● **TASK**:
The entries are to be written out again with no differences.

··· RECORD SET

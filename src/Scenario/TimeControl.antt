-- ===== src/Scenario/TimeControl.antt =====
-- services/scenario-service/app/time_control.py, `TimeController`. Wall times are microseconds, speeds are
-- thousandths, and simulation times are their products, so that the source's products are exact. An
-- operation that reads the monotonic clock twice, in `_flush`, is given both readings.
pub mod Course
use marga.Prelude.{
  ℕ, ◌+◌, ◌-◌, ◌*◌, Bool, true, false, Option, none, some, if◌then◌else◌, ltb, leb, ◌&&◌,
}

abbrev pub min_multiplier : ℕ
min_multiplier = 100

abbrev pub max_multiplier : ℕ
max_multiplier = 10_000

pub record TimeController : Type 0 where
  pub speed_multiplier : ℕ
  pub paused : Bool
  pub sim_time_s : ℕ
  pub wall_resume_s : Option ℕ

unfoldable pub new_controller : TimeController
new_controller = record {
  speed_multiplier = 1_000;
  paused = true;
  sim_time_s = 0;
  wall_resume_s = none;
}

-- The readings of an operation: its only one, or the first of two; and the second.
pub record Readings : Type 0 where
  pub first : ℕ
  pub second : ℕ

-- What has run since the last resume.
unfoldable pub running : Option ℕ → ℕ → ℕ → ℕ
running none speed now = 0
running (some resumed) speed now = (now - resumed) * speed

-- The property `sim_time_s`
unfoldable pub sim_time : ℕ → TimeController → ℕ
unfolding running
sim_time now c =
    if c.paused then c.sim_time_s else c.sim_time_s + running c.wall_resume_s c.speed_multiplier now

abbrev restarted : Option ℕ → ℕ → Option ℕ
restarted none now = none
restarted (some resumed) now = some now

-- `_flush`
unfoldable pub flush : Readings → TimeController → TimeController
unfolding running
flush r c = record c {
  sim_time_s = c.sim_time_s + running c.wall_resume_s c.speed_multiplier r.first;
  wall_resume_s = restarted c.wall_resume_s r.second;
}

-- `start`, and `resume` in the same words.
unfoldable pub start : ℕ → TimeController → TimeController
start now c = if c.paused then record c { wall_resume_s = some now; paused = false } else c

unfoldable pub pause : Readings → TimeController → TimeController
unfolding flush
pause r c = if c.paused then c else record (flush r c) { wall_resume_s = none; paused = true }

-- `none` is a `TimeControlError`.
unfoldable pub set_speed : Readings → ℕ → TimeController → Option TimeController
unfolding flush
set_speed r multiplier c =
    if leb min_multiplier multiplier && leb multiplier max_multiplier
    then some (record (if c.paused then c else flush r c) { speed_multiplier = multiplier })
    else none

-- Negative times, which are refused, are left out.
unfoldable pub seek : ℕ → ℕ → TimeController → TimeController
seek now target c =
    if c.paused
    then record c { sim_time_s = target }
    else record c { sim_time_s = target; wall_resume_s = some now }

-- `advance` returns the delta.
unfoldable pub advance : ℕ → ℕ → TimeController → TimeController × ℕ
advance now dt c = if c.paused then (c, 0) else (
  record c { sim_time_s = c.sim_time_s + dt * c.speed_multiplier; wall_resume_s = some now },
  dt * c.speed_multiplier,
)

-- The operations, as a client calls them.
pub data Operation : Type 0 where
  starts pauses : Operation
  sets_speed : ℕ → Operation
  seeks : ℕ → Operation
  advances : ℕ → Operation

abbrev kept : TimeController → Option TimeController → TimeController
kept c none = c
kept c (some c') = c'

-- The state after an operation; an operation that raises changes nothing.
unfoldable pub operate : Operation → Readings → TimeController → TimeController
unfolding start pause set_speed seek advance
operate starts r c = start r.first c
operate pauses r c = pause r c
operate (sets_speed multiplier) r c = kept c (set_speed r multiplier c)
operate (seeks target) r c = seek r.first target c
operate (advances dt) r c = (advance r.first dt c).0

······

● **WRITTEN RESPONSE**:
filename src/Scenario/TimeControl.antt
-- ===== src/Scenario/TimeControl.antt =====
-- services/scenario-service/app/time_control.py, `TimeController`. Wall times are microseconds, speeds are
-- thousandths, and simulation times are their products, so that the source's products are exact. An
-- operation that reads the monotonic clock twice, in `_flush`, is given both readings.
pub mod Course
use marga.Prelude.{
  ℕ, ◌+◌, ◌-◌, ◌*◌, Bool, true, false, Option, none, some, if◌then◌else◌, ltb, leb, ◌&&◌,
}

abbrev pub min_multiplier : ℕ
min_multiplier = 100

abbrev pub max_multiplier : ℕ
max_multiplier = 10_000

pub record TimeController : Type 0 where
  pub speed_multiplier : ℕ
  pub paused : Bool
  pub sim_time_s : ℕ
  pub wall_resume_s : Option ℕ

unfoldable pub new_controller : TimeController
new_controller = record {
  speed_multiplier = 1_000;
  paused = true;
  sim_time_s = 0;
  wall_resume_s = none;
}

-- The readings of an operation: its only one, or the first of two; and the second.
pub record Readings : Type 0 where
  pub first : ℕ
  pub second : ℕ

-- What has run since the last resume.
unfoldable pub running : Option ℕ → ℕ → ℕ → ℕ
running none speed now = 0
running (some resumed) speed now = (now - resumed) * speed

-- The property `sim_time_s`
unfoldable pub sim_time : ℕ → TimeController → ℕ
unfolding running
sim_time now c =
    if c.paused then c.sim_time_s else c.sim_time_s + running c.wall_resume_s c.speed_multiplier now

abbrev restarted : Option ℕ → ℕ → Option ℕ
restarted none now = none
restarted (some resumed) now = some now

-- `_flush`
unfoldable pub flush : Readings → TimeController → TimeController
unfolding running
flush r c = record c {
  sim_time_s = c.sim_time_s + running c.wall_resume_s c.speed_multiplier r.first;
  wall_resume_s = restarted c.wall_resume_s r.second;
}

-- `start`, and `resume` in the same words.
unfoldable pub start : ℕ → TimeController → TimeController
start now c = if c.paused then record c { wall_resume_s = some now; paused = false } else c

unfoldable pub pause : Readings → TimeController → TimeController
unfolding flush
pause r c = if c.paused then c else record (flush r c) { wall_resume_s = none; paused = true }

-- `none` is a `TimeControlError`.
unfoldable pub set_speed : Readings → ℕ → TimeController → Option TimeController
unfolding flush
set_speed r multiplier c =
    if leb min_multiplier multiplier && leb multiplier max_multiplier
    then some (record (if c.paused then c else flush r c) { speed_multiplier = multiplier })
    else none

-- Negative times, which are refused, are left out.
unfoldable pub seek : ℕ → ℕ → TimeController → TimeController
seek now target c =
    if c.paused
    then record c { sim_time_s = target }
    else record c { sim_time_s = target; wall_resume_s = some now }

-- `advance` returns the delta.
unfoldable pub advance : ℕ → ℕ → TimeController → TimeController × ℕ
advance now dt c = if c.paused then (c, 0) else (
  record c { sim_time_s = c.sim_time_s + dt * c.speed_multiplier; wall_resume_s = some now },
  dt * c.speed_multiplier,
)

-- The operations, as a client calls them.
pub data Operation : Type 0 where
  starts pauses : Operation
  sets_speed : ℕ → Operation
  seeks : ℕ → Operation
  advances : ℕ → Operation

abbrev kept : TimeController → Option TimeController → TimeController
kept c none = c
kept c (some c') = c'

-- The state after an operation; an operation that raises changes nothing.
unfoldable pub operate : Operation → Readings → TimeController → TimeController
unfolding start pause set_speed seek advance
operate starts r c = start r.first c
operate pauses r c = pause r c
operate (sets_speed multiplier) r c = kept c (set_speed r multiplier c)
operate (seeks target) r c = seek r.first target c
operate (advances dt) r c = (advance r.first dt c).0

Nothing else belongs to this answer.